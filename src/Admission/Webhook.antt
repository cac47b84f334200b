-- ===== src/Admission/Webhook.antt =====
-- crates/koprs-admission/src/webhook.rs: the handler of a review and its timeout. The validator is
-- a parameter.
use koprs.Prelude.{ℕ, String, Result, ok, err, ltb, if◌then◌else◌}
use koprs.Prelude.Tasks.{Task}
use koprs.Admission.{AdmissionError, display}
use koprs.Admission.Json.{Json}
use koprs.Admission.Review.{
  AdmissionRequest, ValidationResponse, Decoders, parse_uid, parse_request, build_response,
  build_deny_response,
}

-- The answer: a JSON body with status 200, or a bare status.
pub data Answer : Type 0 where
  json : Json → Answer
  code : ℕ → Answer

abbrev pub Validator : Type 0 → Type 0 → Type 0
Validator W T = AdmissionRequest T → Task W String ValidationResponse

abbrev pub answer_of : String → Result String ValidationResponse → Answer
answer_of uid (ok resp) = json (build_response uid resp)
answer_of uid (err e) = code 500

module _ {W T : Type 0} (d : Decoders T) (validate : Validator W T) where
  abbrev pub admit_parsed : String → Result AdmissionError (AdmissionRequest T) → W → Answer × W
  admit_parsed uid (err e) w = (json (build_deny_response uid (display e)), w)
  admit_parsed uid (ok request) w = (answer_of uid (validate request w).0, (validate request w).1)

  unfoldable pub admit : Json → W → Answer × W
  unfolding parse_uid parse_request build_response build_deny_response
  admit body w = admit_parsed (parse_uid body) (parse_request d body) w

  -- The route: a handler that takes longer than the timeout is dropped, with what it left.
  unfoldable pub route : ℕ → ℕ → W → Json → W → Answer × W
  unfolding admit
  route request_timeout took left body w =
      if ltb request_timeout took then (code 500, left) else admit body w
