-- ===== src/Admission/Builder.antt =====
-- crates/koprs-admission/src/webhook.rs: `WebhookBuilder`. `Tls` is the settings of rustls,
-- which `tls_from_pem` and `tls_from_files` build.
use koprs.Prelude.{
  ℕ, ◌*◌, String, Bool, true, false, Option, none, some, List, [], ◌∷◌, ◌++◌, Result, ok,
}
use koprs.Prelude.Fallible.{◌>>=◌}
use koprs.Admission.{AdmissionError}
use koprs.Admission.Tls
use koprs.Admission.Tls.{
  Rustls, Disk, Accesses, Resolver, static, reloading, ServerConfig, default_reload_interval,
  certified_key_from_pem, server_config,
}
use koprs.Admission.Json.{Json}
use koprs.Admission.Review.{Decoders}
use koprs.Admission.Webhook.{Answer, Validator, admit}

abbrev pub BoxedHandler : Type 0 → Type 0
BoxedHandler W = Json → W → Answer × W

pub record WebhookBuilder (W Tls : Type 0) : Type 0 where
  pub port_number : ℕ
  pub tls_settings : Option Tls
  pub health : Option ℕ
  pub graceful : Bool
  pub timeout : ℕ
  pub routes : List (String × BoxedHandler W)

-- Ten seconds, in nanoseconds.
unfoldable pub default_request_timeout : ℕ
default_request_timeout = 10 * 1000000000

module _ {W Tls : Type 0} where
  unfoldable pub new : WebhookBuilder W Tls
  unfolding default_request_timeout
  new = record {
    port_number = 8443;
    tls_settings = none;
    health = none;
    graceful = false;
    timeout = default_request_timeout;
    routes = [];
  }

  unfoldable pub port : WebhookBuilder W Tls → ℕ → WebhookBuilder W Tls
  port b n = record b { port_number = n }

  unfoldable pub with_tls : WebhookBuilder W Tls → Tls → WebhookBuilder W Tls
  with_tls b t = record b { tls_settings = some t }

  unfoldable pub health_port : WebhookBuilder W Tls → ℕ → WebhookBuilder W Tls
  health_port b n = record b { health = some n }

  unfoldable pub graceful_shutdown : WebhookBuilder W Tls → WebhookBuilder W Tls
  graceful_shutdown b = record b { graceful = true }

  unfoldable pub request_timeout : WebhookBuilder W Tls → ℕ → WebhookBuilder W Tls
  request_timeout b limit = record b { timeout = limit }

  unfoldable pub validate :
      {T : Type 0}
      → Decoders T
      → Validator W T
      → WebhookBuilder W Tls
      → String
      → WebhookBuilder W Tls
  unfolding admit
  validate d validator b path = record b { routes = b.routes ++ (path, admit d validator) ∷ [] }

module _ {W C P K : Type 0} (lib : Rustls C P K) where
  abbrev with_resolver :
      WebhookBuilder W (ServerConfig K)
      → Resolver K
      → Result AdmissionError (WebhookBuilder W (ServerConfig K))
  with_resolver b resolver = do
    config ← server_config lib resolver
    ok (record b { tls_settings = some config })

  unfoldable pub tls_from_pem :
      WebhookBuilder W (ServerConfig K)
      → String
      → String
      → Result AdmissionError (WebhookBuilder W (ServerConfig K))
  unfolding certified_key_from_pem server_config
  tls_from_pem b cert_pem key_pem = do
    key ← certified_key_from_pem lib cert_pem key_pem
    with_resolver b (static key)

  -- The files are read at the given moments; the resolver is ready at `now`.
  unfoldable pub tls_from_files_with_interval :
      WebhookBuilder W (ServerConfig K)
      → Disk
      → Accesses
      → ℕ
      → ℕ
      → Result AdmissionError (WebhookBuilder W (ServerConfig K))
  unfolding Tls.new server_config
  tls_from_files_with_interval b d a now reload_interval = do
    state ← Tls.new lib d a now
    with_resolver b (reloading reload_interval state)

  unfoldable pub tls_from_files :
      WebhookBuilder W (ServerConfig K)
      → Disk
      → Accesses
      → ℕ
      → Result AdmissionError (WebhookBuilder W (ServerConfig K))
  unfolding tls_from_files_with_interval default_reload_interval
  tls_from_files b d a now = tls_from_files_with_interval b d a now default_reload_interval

> _Task to carry out_
Should a line in the material contain "reloading", copy it.

> _Task response_
  Rustls, Disk, Accesses, Resolver, static, reloading, ServerConfig, default_reload_interval,
    with_resolver b (reloading reload_interval state)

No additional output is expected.